When i was talking to a recruiter he told me that of the 2 references i needed, only 1 needed to have known me for 5 years.

Even though on the sheet it sai di needed 2 that have known me for 5 years.
I brought in 2 references, one that knew me for 5+ years and one thats kn own me for 4 years and there wasnt a problem.


----------



## Angela F. (19 Aug 2005)

When I was getting ready to hand in my application I asked four people for letters, just in case a couple didn't get them in to me in time.  At the time that I actually handed them in I had three, so I asked if I could hand all of them in, rather than pick out two.  They said of that was fine.  The fourth was given to me the next day, but he had made a couple of mistakes on it anyway so it was OK!

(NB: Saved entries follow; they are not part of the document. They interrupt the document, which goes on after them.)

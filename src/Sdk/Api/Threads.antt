-- ===== src/Sdk/Api/Threads.antt =====
-- Threads: what they do, one event at a time, newest first. A mutex is taken only where no thread has
-- it; nothing else is assumed of the schedule.
pub mod Races
use c_sdk.Base.{
  ℕ, ◌≡◌, ◌≢◌, ◌∙◌, Bool, true, false, not, ◌&&◌, Option, none, some, List, [], ◌∷◌, ◌==◌, arith,
  ◌⊎◌, if◌then◌else◌, is_some,
}
use c_sdk.Sdk.Machine.{
  Call, Event, acquire, release, acquire_app, release_app, acquire_static, release_static, did,
}
use c_sdk.Sdk.Api.Discipline.{held, disciplined, subject}

-- The events of one thread.
unfoldable pub of_thread : ℕ → List (ℕ × Event) → List Event
of_thread i [] = []
of_thread i ((j, e) ∷ h) = if i == j then e ∷ of_thread i h else of_thread i h

-- The thread that has the lock of a transaction.
unfoldable pub holder : ℕ → List (ℕ × Event) → Option ℕ
holder p [] = none
holder p ((i, acquire q) ∷ h) = if p == q then some i else holder p h
holder p ((i, release q) ∷ h) = if p == q then none else holder p h
holder p ((i, e) ∷ h) = holder p h

-- What nrt_mutex_lock allows: a thread takes a lock only where no thread has it.
unfoldable pub lawful : List (ℕ × Event) → Bool
unfolding holder
lawful [] = true
lawful ((i, acquire p) ∷ h) = not (is_some (holder p h)) && lawful h
lawful ((i, e) ∷ h) = lawful h

-- A thread gives a lock back, and later another takes it.
abbrev pub Released : ℕ → ℕ → List (ℕ × Event) → Type 0
Released i p [] = ⊥
Released i p ((k, e) ∷ h) = ((k ≡ i) × (e ≡ release p)) ⊎ Released i p h

abbrev pub Handed : ℕ → ℕ → ℕ → List (ℕ × Event) → Type 0
Handed i j p [] = ⊥
Handed i j p ((k, e) ∷ h) = ((k ≡ j) × (e ≡ acquire p) × Released i p h) ⊎ Handed i j p h

module _ (owner home : ℕ → ℕ) where
  abbrev AllDisciplined : List (ℕ × Event) → Type 0
  AllDisciplined h = (i : ℕ) → disciplined owner home (of_thread i h) ≡ true

  -- What a thread holds by its own account it has, and the other way round.
  record Agrees (h : List (ℕ × Event)) : Type 0 where
    has : (i p : ℕ) → held (of_thread i h) ≡ p → p ≢ 0 → holder p h ≡ some i
    holds : (i p : ℕ) → holder p h ≡ some i → (held (of_thread i h) ≡ p) × (p ≢ 0)

  before :
      (i j : ℕ) (e : Event) (h : List (ℕ × Event))
      → disciplined owner home (of_thread i ((j, e) ∷ h)) ≡ true
      → disciplined owner home (of_thread i h) ≡ true
  unfolding of_thread
  before i j (acquire p) h d = ground arith
  before i j (release p) h d = ground arith
  before i j (did c) h d = ground arith
  before i j (acquire_app p) h d = ground arith
  before i j (release_app p) h d = ground arith
  before i j acquire_static h d = ground arith
  before i j release_static h d = ground arith
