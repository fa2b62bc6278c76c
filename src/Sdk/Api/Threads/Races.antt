-- ===== src/Sdk/Api/Threads/Races.antt =====
-- Threads that keep the discipline of the locks do not race.
use c_sdk.Base.{ℕ, ◌≡◌, List, ◌++◌}
use c_sdk.Sdk.Machine.{Event, Outcome, Ends}
use c_sdk.Sdk.Api.Threads.{of_thread}

-- What a thread has done in a history is the beginning of what its program does.
abbrev pub Begins : {S : Type 0} → ℕ → List (ℕ × Event) → Outcome S (Unit {0}) → Type 0
Begins k h m = Ends (λ _ w'. (rest : List Event) × (w'.trace ≡ rest ++ of_thread k h)) m
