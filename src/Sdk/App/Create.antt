-- ===== src/Sdk/App/Create.antt =====
-- newrelic_create_app of src/app.c: what the new application holds, and what is left of one that
-- could not connect.
use c_sdk.Base.{ℕ, suc, ◌<◌, ◌*◌, ◌≡◌, ◌≢◌, true, false, none, some, [], arith, CStr, codes, length}
use c_sdk.Sdk.Config.{AppConfig, license_size, array_size}
use c_sdk.Sdk.Machine.{Call, AppInfo, World, Ends, nro_new_hash, nr_agent_find_or_add_app}
use c_sdk.Sdk.Global.{ensure_init}
use c_sdk.Sdk.App.{create_app, create_with}

-- The configuration of an application: the given one, but for the settings that are replaced.
abbrev pub config_of : AppConfig → AppConfig
config_of given = record given {
  redirect_collector = [];
  datastore_tracer = record { instance_reporting = true; database_name_reporting = true };
}

module _ {S : Type 0} (perform : Call → S → ℕ × S) (version : CStr) (w : World S)
    (given : AppConfig) (timeout_ms : ℕ) where
  abbrev pub hashed : ℕ × S
  hashed = perform nro_new_hash w.axiom_state

  abbrev pub info : AppInfo
  info = record {
    redirect_collector = given.redirect_collector;
    appname = given.app_name;
    license = given.license_key;
    lang = codes "c";
    environment = hashed.0;
    version = version;
  }

  abbrev pub found : ℕ
  found = (perform (nr_agent_find_or_add_app w.applist info (timeout_ms * 1000)) hashed.1).0

  -- A configuration that is taken, in a process that is initialised.
  pub record IsTaken : Type 0 where
    pub named : length given.app_name ≢ 0
    pub fits : length given.app_name < array_size
    pub licensed : length given.license_key ≡ license_size
    pub initialised : w.applist ≢ 0

  abbrev pub Connected : ℕ → World S → Type 0
  Connected r w' =
      (r ≡ suc w.last)
      × (w'.apps r
          ≡ some (record {
            app = found;
            app_info = some info;
            config = some (config_of given);
            locked = false;
          }))
      × ((q : ℕ) → q ≢ r → w'.apps q ≡ w.apps q)

  abbrev pub Unconnected : ℕ → World S → Type 0
  Unconnected r w' =
      (r ≡ 0) × ((q : ℕ) → q ≢ suc w.last → w'.apps q ≡ w.apps q) × (w'.apps (suc w.last) ≡ none)

  -- Where axiom finds no application, the result is NULL and what was allocated is destroyed: no
  -- application is left at the new address, and the others are as before.
  pub create_app-Unconnected :
      IsTaken → found ≡ 0 → Ends Unconnected (create_app perform version (some given) timeout_ms w)
  unfolding create_app create_with ensure_init
  create_app-Unconnected taken f = ground arith
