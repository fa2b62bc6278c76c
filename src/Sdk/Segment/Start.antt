-- ===== src/Sdk/Segment/Start.antt =====
-- newrelic_start_segment of src/segment.c: what it leaves behind, and where it crashes.
use c_sdk.Base.{
  codes, if◌then◌else◌, ◌++◌, ℕ, suc, ◌≡◌, ◌≢◌, false, Option, none, some, ◌∷◌, arith, CStr,
}
use c_sdk.Sdk.Machine.{
  Call, nr_segment_start, nr_segment_set_name, Transaction, World, fault, dangling, acquire,
  release, acquire_static, release_static, did, Ends,
}
use c_sdk.Sdk.Segment.{start_segment}
use c_sdk.Sdk.Segment.Create.{has_slash, new_segment}

-- A transaction at an address, with its lock free.
pub record IsFree {S : Type 0} (w : World S) (p : ℕ) (t : Transaction) : Type 0 where
  pub address : p ≢ 0
  pub live : w.transactions p ≡ some t
  pub unlocked : t.locked ≡ false

-- A name without a slash, or a default.
abbrev pub clean : Option CStr → CStr → CStr
clean none d = d
clean (some s) d = if has_slash s then d else s

module _ {S : Type 0} (perform : Call → S → ℕ × S) (w : World S) (p : ℕ) (t : Transaction)
    (free : IsFree w p t) where
  -- newrelic_start_segment where axiom starts no segment: the function writes through the NULL
  -- pointer that it is about to return.
  pub start_segment-null :
      (name category : Option CStr)
      → w.segments 0 ≡ none
      → (perform (nr_segment_start t.txn) w.axiom_state).0 ≡ 0
      → start_segment perform p name category w ≡ fault dangling
  unfolding start_segment
  start_segment-null name category null refused = ground arith

  abbrev new : ℕ
  new = (perform (nr_segment_start t.txn) w.axiom_state).0

  abbrev pub StartedCustom : CStr → ℕ → World S → Type 0
  StartedCustom name a w' =
      (a ≡ suc w.last)
      × (w'.segments a ≡ some (record (new_segment new t.txn) { txn_lock = p }))
      × (w'.trace
          ≡ release p
            ∷ did (nr_segment_set_name new name)
            ∷ release_static
            ∷ acquire_static
            ∷ did (nr_segment_start t.txn)
            ∷ acquire p
            ∷ w.trace)
      × ((q : ℕ) → w'.transactions q ≡ w.transactions q)
      × ((q : ℕ) → q ≢ a → w'.segments q ≡ w.segments q)

  -- newrelic_start_segment on a live transaction with a free lock, where axiom starts a segment: the
  -- result is a new address with that segment, which keeps the lock of the transaction; the segment
  -- is made and named under the lock. No transaction and no other segment changes.
  pub start_segment-Ends :
      (name category : Option CStr)
      → new ≢ 0
      → Ends
          (StartedCustom
            (clean category (codes "Custom") ++ (b'/' ∷ clean name (codes "Unnamed Segment"))))
          (start_segment perform p name category w)
  unfolding start_segment
  start_segment-Ends name category started = ground arith
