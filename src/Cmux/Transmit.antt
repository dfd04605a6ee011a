-- ===== src/Cmux/Transmit.antt =====
-- Sending frames: `modem_cmux_transmit_frame`, `modem_cmux_transmit_cmd_frame` and
-- `modem_cmux_transmit_data_frame`. A mutex is taken around each and is not modelled.
pub mod Octets
pub mod Wire
pub mod Commands
use modem_modules.Base.{
  ℕ, ◌+◌, ◌-◌, ◌*◌, ◌/◌, ◌%◌, bit_or, Bool, true, false, Option, some, List, [], ◌∷◌, ◌++◌, RingBuf,
  Crc8, Ret, ret, fail, negative, enomem, ltb, ◌==◌, if◌then◌else◌, ◌>>=◌, not,
}
use modem_modules.Cmux.{
  Cmux, Frame, frame_type_uih, frame_size_max, data_frame_size_min, cmd_frame_size_max,
  fcs_init_value, read, call, schedule, transmit_work,
}

abbrev pub flag : Bool → ℕ
flag true = 1
flag false = 0

unfoldable pub address_octet : Frame → ℕ
address_octet f = bit_or (bit_or 0x01 (flag f.cr * 2)) (f.dlci_address * 4) % 256

unfoldable pub control_octet : Frame → ℕ
control_octet f = bit_or f.frame_type (flag f.pf * 16) % 256

-- The octets of the length field but the last, and the last.
unfoldable pub length_octets : ℕ → List ℕ
length_octets n = if ltb 127 n then (n * 2 % 256) ∷ [] else []

unfoldable pub last_length_octet : ℕ → ℕ
last_length_octet n = if ltb 127 n then bit_or 0x01 (n / 128) % 256 else bit_or 0x01 (n * 2) % 256

-- The length field.
abbrev pub length_field : ℕ → List ℕ
length_field n = length_octets n ++ (last_length_octet n ∷ [])

module _ ⦃crc : Crc8⦄ where
  -- The checksum octet, from the octets in the order in which the code feeds them; the checksum is
  -- an octet, so the difference is not negative.
  unfoldable pub fcs_octet : Frame → ℕ → List ℕ → ℕ
  fcs_octet f n payload =
      let fcs_address = crc.crc8 (address_octet f ∷ []) fcs_init_value in
      let fcs_control = crc.crc8 (control_octet f ∷ []) fcs_address in
      let fcs_length =
        if ltb 127 n then crc.crc8 ((n * 2 % 256) ∷ []) fcs_control else fcs_control in
      let fcs_last = crc.crc8 (last_length_octet n ∷ []) fcs_length in
      if f.frame_type == frame_type_uih then 0xFF - fcs_last else 0xFF - crc.crc8 payload fcs_last

module _ {Rb : Type 0} ⦃ring : RingBuf Rb⦄ where
  -- Put a list of octets one call at a time.
  unfoldable pub put_octets : Rb → List ℕ → Rb
  put_octets rb [] = rb
  put_octets rb (x ∷ xs) = put_octets (ring.put rb (x ∷ [])) xs

  -- The number of data bytes that are sent: the uint16_t room behind the frame's own octets.
  unfoldable pub fitting : Rb → ℕ → ℕ
  fitting rb n =
      let space = (ring.space rb + 65536 - frame_size_max) % 65536 in
      if ltb space n then space else n

abbrev pub int16_result : ℕ → Ret
int16_result n = if ltb n 32768 then ret n else negative (65536 - n)

module _ {Rb : Type 0} ⦃ring : RingBuf Rb⦄ ⦃crc : Crc8⦄ where
  unfoldable pub transmit_frame : Cmux Rb → Frame → Option (Cmux Rb × ℕ)
  transmit_frame c f =
      let n = fitting c.transmit_rb f.data_len in
      read c.receiver f.contents n >>= λ payload.
      let header = 0xF9 ∷ address_octet f ∷ control_octet f ∷ [] in
      let rb_header = put_octets c.transmit_rb header in
      let rb_length = put_octets rb_header (length_field n) in
      let rb_data = ring.put rb_length payload in
      let rb = put_octets rb_data (fcs_octet f n payload ∷ 0xF9 ∷ []) in
      some (call (schedule transmit_work 0) (record c { transmit_rb = rb }), n)

  unfoldable pub transmit_cmd_frame : Cmux Rb → Frame → Option (Cmux Rb × Bool)
  transmit_cmd_frame c f =
      if ltb (ring.space c.transmit_rb % 65536) cmd_frame_size_max
      then some (c, false)
      else (transmit_frame c f >>= λ s. some (s.0, true))

  -- The result is an int16_t.
  unfoldable pub transmit_data_frame : Cmux Rb → Frame → Option (Cmux Rb × Ret)
  transmit_data_frame c f =
      if not c.flow_control_on
      then some (c, ret 0)
      else (if ltb (ring.space c.transmit_rb % 65536) (cmd_frame_size_max * 2 + data_frame_size_min)
          then some (c, fail enomem)
          else (transmit_frame c f >>= λ s. some (s.0, int16_result s.1)))
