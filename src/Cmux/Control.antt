-- ===== src/Cmux/Control.antt =====
-- Frames that were received: `modem_cmux_on_frame` and what it calls.
pub mod Delivery
pub mod Answers
use modem_modules.Base.{
  ℕ, suc, ◌-◌, ◌/◌, ◌%◌, Bool, true, false, Option, none, some, List, [], ◌∷◌, RingBuf, Crc8,
  bit_and, ltb, ◌==◌, if◌then◌else◌, ◌>>=◌, not, ◌||◌, get_elem?, set, min,
}
use modem_modules.Cmux.{
  Cmux, Dlci, Receiver, Pointer, State, DlciState, Event, bytes, cmd_data_size_max, frame_type_ua,
  frame_type_uih, read, call, cancel, raise, event_post, event_clear, notify_opened, notify_closed,
  notify_receive_ready, connect_work, disconnect_work, open_work, close_work, connected_bit,
  disconnected_bit, connected_event, disconnected_event,
}
use modem_modules.Cmux.Transmit.{transmit_cmd_frame}

abbrev pub command_nsc : ℕ
command_nsc = 0x04

abbrev pub command_fcoff : ℕ
command_fcoff = 0x18

abbrev pub command_fcon : ℕ
command_fcon = 0x28

abbrev pub command_cld : ℕ
command_cld = 0x30

abbrev pub command_msc : ℕ
command_msc = 0x38

-- A command's two octets: the type (ea, cr, six bits of value) and the length (ea, seven bits).
pub record Command : Type 0 where
  pub type_octet : ℕ
  pub length_octet : ℕ

abbrev pub type_value : Command → ℕ
type_value m = m.type_octet / 4

pub command_of : List ℕ → Option Command
command_of [] = none
command_of (t ∷ []) = none
command_of (t ∷ l ∷ xs) = some (record { type_octet = t; length_octet = l })

abbrev pub is_null : Pointer → Bool
is_null Pointer.null = true
is_null _ = false

-- `modem_cmux_wrap_command`. The inner option is -EINVAL.
pub wrap_command : Receiver → Pointer → ℕ → Option (Option Command)
unfolding command_of
wrap_command r p n =
    if is_null p || ltb n 2
    then some none
    else (read r p 2 >>= λ xs. command_of xs >>= λ m. some (
        if (m.length_octet % 2 == 0) || (m.type_octet % 2 == 0) || not (m.length_octet / 2 == n - 2)
        then none
        else some m))

-- `command->type.cr = 0` on the copied data.
pub clear_cr : List ℕ → List ℕ
clear_cr [] = []
clear_cr (x ∷ xs) = bit_and x 0xFD ∷ xs

abbrev pub is_connecting : State → Bool
is_connecting State.connecting = true
is_connecting _ = false

abbrev pub takes_commands : State → Bool
takes_commands State.connected = true
takes_commands State.disconnecting = true
takes_commands _ = false

abbrev pub is_open : DlciState → Bool
is_open DlciState.opened = true
is_open _ = false

module _ {Rb : Type 0} where
  -- `modem_cmux_raise_event`
  abbrev pub raise_event : Event → Cmux Rb → Cmux Rb
  raise_event e c = if c.has_callback then call (raise e) c else c

  -- `modem_cmux_find_dlci`: the position of the first channel with the address.
  unfoldable pub find_from : ℕ → ℕ → List (Dlci Rb) → Option ℕ
  find_from a i [] = none
  find_from a i (d ∷ ds) =
      let rest = find_from a (suc i) ds in if d.dlci_address == a then some i else rest

  unfoldable pub find_dlci : Cmux Rb → Option ℕ
  unfolding find_from
  find_dlci c = find_from c.frame.dlci_address 0 c.dlcis

  abbrev pub set_dlci : Cmux Rb → ℕ → Dlci Rb → Cmux Rb
  set_dlci c i d = record c { dlcis = set c.dlcis i d }

  -- `modem_cmux_on_cld_command`
  unfoldable pub on_cld_command : Cmux Rb → Cmux Rb
  on_cld_command c =
      let closed = record c { state = State.disconnected; flow_control_on = false } in
      let stopped = call (cancel disconnect_work) closed in
      call (event_post disconnected_bit)
        (call (event_clear connected_bit) (raise_event disconnected_event stopped))

  -- `modem_cmux_on_control_frame_ua`
  unfoldable pub on_control_frame_ua : Cmux Rb → Cmux Rb
  on_control_frame_ua c =
      if not (is_connecting c.state)
      then c
      else (let opened = record c { state = State.connected; flow_control_on = true } in
          let stopped = call (cancel connect_work) opened in
          call (event_post connected_bit)
            (call (event_clear disconnected_bit) (raise_event connected_event stopped)))

  -- `modem_cmux_on_dlci_frame_ua`; an unexpected one changes nothing
  unfoldable pub dlci_ua : Cmux Rb → ℕ → Dlci Rb → DlciState → Cmux Rb
  dlci_ua c i d DlciState.opening =
      call (cancel (open_work i))
        (call (notify_opened i) (set_dlci c i (record d { dlci_state = DlciState.opened })))
  dlci_ua c i d DlciState.closing =
      call (cancel (close_work i))
        (call (notify_closed i) (set_dlci c i (record d { dlci_state = DlciState.closed })))
  dlci_ua c i d _ = c

  unfoldable pub on_dlci_frame_ua : Cmux Rb → ℕ → Option (Cmux Rb)
  unfolding dlci_ua
  on_dlci_frame_ua c i = get_elem? c.dlcis i >>= λ d. some (dlci_ua c i d d.dlci_state)

module _ {Rb : Type 0} ⦃ring : RingBuf Rb⦄ where
  -- `modem_cmux_on_dlci_frame_uih`: ring_buf_put reads as many bytes as it has room for.
  unfoldable pub on_dlci_frame_uih : Cmux Rb → ℕ → Option (Cmux Rb)
  on_dlci_frame_uih c i = get_elem? c.dlcis i >>= λ d.
      if not (is_open d.dlci_state)
      then some c
      else (read c.receiver c.frame.contents (min (ring.space d.receive_rb) c.frame.data_len)
          >>= λ xs. some (
              call (notify_receive_ready i)
                (set_dlci c i (record d { receive_rb = ring.put d.receive_rb xs }))))

  -- `modem_cmux_on_dlci_frame`
  unfoldable pub on_dlci_frame : Cmux Rb → Option (Cmux Rb)
  on_dlci_frame c = elim (find_dlci c) [
    | none ↦ some c
    | some i ↦
        if c.frame.frame_type == frame_type_ua
        then on_dlci_frame_ua c i
        else (if c.frame.frame_type == frame_type_uih then on_dlci_frame_uih c i else some c)
  ]

module _ {Rb : Type 0} ⦃ring : RingBuf Rb⦄ ⦃crc : Crc8⦄ where
  -- `modem_cmux_acknowledge_received_frame`. With less than two bytes the command stays unset.
  unfoldable pub acknowledge_received_frame : Cmux Rb → Option (Cmux Rb)
  unfolding clear_cr
  acknowledge_received_frame c =
      if ltb cmd_data_size_max c.frame.data_len
      then some c
      else (read c.receiver c.frame.contents c.frame.data_len >>= λ xs.
          if ltb c.frame.data_len 2
          then none
          else (transmit_cmd_frame c (record (c.frame) { contents = bytes (clear_cr xs) }) >>= λ s.
              some s.0))

  -- `modem_cmux_on_msc_command`, `modem_cmux_on_fcon_command`, `modem_cmux_on_fcoff_command`
  unfoldable pub on_msc_command : Cmux Rb → Option (Cmux Rb)
  on_msc_command c = acknowledge_received_frame c

  unfoldable pub on_fcon_command : Cmux Rb → Option (Cmux Rb)
  on_fcon_command c = acknowledge_received_frame (record c { flow_control_on = true })

  unfoldable pub on_fcoff_command : Cmux Rb → Option (Cmux Rb)
  on_fcoff_command c = acknowledge_received_frame (record c { flow_control_on = false })

  -- the `switch` of `modem_cmux_on_control_frame_uih`
  unfoldable pub on_command : Cmux Rb → Command → Option (Cmux Rb)
  on_command c m =
      if type_value m == command_cld
      then some (on_cld_command c)
      else (if type_value m == command_msc
          then on_msc_command c
          else (if type_value m == command_fcon
              then on_fcon_command c
              else (if type_value m == command_fcoff then on_fcoff_command c else some c)))

  unfoldable pub on_control_frame_uih : Cmux Rb → Option (Cmux Rb)
  on_control_frame_uih c =
      if not (takes_commands c.state)
      then some c
      else (wrap_command c.receiver c.frame.contents c.frame.data_len >>= λ m. elim m [
        | none ↦ some c
        | some m ↦ on_command c m
      ])

  -- `modem_cmux_on_control_frame`; an unknown frame is only logged
  unfoldable pub on_control_frame : Cmux Rb → Option (Cmux Rb)
  on_control_frame c =
      if c.frame.frame_type == frame_type_ua
      then some (on_control_frame_ua c)
      else (if c.frame.frame_type == frame_type_uih then on_control_frame_uih c else some c)

  -- `modem_cmux_on_frame`
  unfoldable pub on_frame : Cmux Rb → Option (Cmux Rb)
  on_frame c = if c.frame.dlci_address == 0 then on_control_frame c else on_dlci_frame c
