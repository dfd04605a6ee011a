-- ===== src/Cmux/Channel.antt =====
-- DLCI channels: `modem_cmux_dlci_init`, the functions of `modem_cmux_dlci_pipe_api`, and the handlers
-- of a channel's work items. A channel is its position in `dlcis`; `none` is a position that is not
-- there. `pending` is what k_work_delayable_is_pending answers for the channel's work item.
use modem_modules.Base.{
  ℕ, ◌%◌, Bool, true, false, Option, some, List, [], ◌∷◌, ◌++◌, RingBuf, Crc8, Ret, ret, fail,
  ebusy, if◌then◌else◌, ◌>>=◌, length, get_elem?,
}
use modem_modules.Cmux.{
  Cmux, DlciState, Frame, Pointer, bytes, frame_type_sabm, frame_type_disc, frame_type_uih,
  t1_timeout, call, schedule, open_work, close_work,
}
use modem_modules.Cmux.Control.{set_dlci}
use modem_modules.Cmux.Transmit.{transmit_cmd_frame, transmit_data_frame}

-- A frame that carries nothing, to set a channel up or to take it down.
abbrev pub bare_frame : ℕ → ℕ → Frame
bare_frame a t = record {
  dlci_address = a;
  cr = true;
  pf = true;
  frame_type = t;
  contents = Pointer.null;
  data_len = 0;
}

-- The frame of `modem_cmux_dlci_pipe_api_transmit`; its length is a uint16_t.
abbrev pub data_frame : ℕ → List ℕ → Frame
data_frame a xs = record {
  dlci_address = a;
  cr = false;
  pf = false;
  frame_type = frame_type_uih;
  contents = bytes xs;
  data_len = length xs % 65536;
}

module _ {Rb : Type 0} where
  -- `modem_cmux_dlci_init`, with the ring buffer that ring_buf_init gives
  unfoldable pub dlci_init : Cmux Rb → ℕ → Rb → Cmux Rb
  dlci_init c a rb = record c {
    dlcis =
        c.dlcis
        ++ (record { dlci_address = a; receive_rb = rb; dlci_state = DlciState.closed } ∷ []);
  }

  -- `modem_cmux_dlci_pipe_api_open`
  unfoldable pub pipe_api_open : Cmux Rb → ℕ → Bool → Cmux Rb × Ret
  pipe_api_open c i pending =
      if pending then (c, fail ebusy) else (call (schedule (open_work i) 0) c, ret 0)

  -- `modem_cmux_dlci_pipe_api_close`
  unfoldable pub pipe_api_close : Cmux Rb → ℕ → Bool → Cmux Rb × Ret
  pipe_api_close c i pending =
      if pending then (c, fail ebusy) else (call (schedule (close_work i) 0) c, ret 0)

module _ {Rb : Type 0} ⦃ring : RingBuf Rb⦄ where
  -- `modem_cmux_dlci_pipe_api_receive`, with the bytes that it copies
  unfoldable pub pipe_api_receive : Cmux Rb → ℕ → ℕ → Option (Cmux Rb × List ℕ)
  pipe_api_receive c i size = get_elem? c.dlcis i >>= λ d. some (
    set_dlci c i (record d { receive_rb = ring.consume d.receive_rb size }),
    ring.get d.receive_rb size,
  )

module _ {Rb : Type 0} ⦃ring : RingBuf Rb⦄ ⦃crc : Crc8⦄ where
  -- `modem_cmux_dlci_pipe_api_transmit`
  unfoldable pub pipe_api_transmit : Cmux Rb → ℕ → List ℕ → Option (Cmux Rb × Ret)
  pipe_api_transmit c i xs =
      get_elem? c.dlcis i >>= λ d. transmit_data_frame c (data_frame d.dlci_address xs)

  -- `modem_cmux_dlci_open_handler`
  unfoldable pub dlci_open_handler : Cmux Rb → ℕ → Option (Cmux Rb)
  dlci_open_handler c i = get_elem? c.dlcis i >>= λ d.
      transmit_cmd_frame (set_dlci c i (record d { dlci_state = DlciState.opening }))
        (bare_frame d.dlci_address frame_type_sabm)
      >>= λ s. some (call (schedule (open_work i) t1_timeout) s.0)

  -- `modem_cmux_dlci_close_handler`
  unfoldable pub dlci_close_handler : Cmux Rb → ℕ → Option (Cmux Rb)
  dlci_close_handler c i = get_elem? c.dlcis i >>= λ d.
      transmit_cmd_frame (set_dlci c i (record d { dlci_state = DlciState.closing }))
        (bare_frame d.dlci_address frame_type_disc)
      >>= λ s. some (call (schedule (close_work i) t1_timeout) s.0)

As far as who I got to do the letters; one was a co-worker, one was a manager from my former job, one was a friend who rides horses with me and is in the military, and the other was someone who's known me forever as a friend, employer and coach.

(from the application package I was sent)
Who Can Be a Reference?
References are adults, who are not relatives, who
generally come from three different areas of your life,
and who, together, can provide you with at least five (5)
years of continuous coverage. It is advisable to choose
references who can provide information about you from
a variety of different perspectives.


----------



## infamous_p (19 Aug 2005)

The previous entry on this thread was correct - one of the two letters of reference needs to be from a person that has known you for more than 5 years. The other one doesn't matter. I acquired one of my letters of reference from my grade 11 law teacher who has only known me for a few years, and the other from my next door neighbour, who has known me for 7 years. All went well.


----------



## NavComm (19 Aug 2005)

When I applied the CFRC gave me the letters which were pre-formatted and my references filled in the blanks. One question was something like: is there any reason why you think this person would not be a good candidate for the Canadian Forces? and I thought to myself....why in God's name would I ask someone who might say 'yes' to fill that out????? Not that I know anyone who would say yes....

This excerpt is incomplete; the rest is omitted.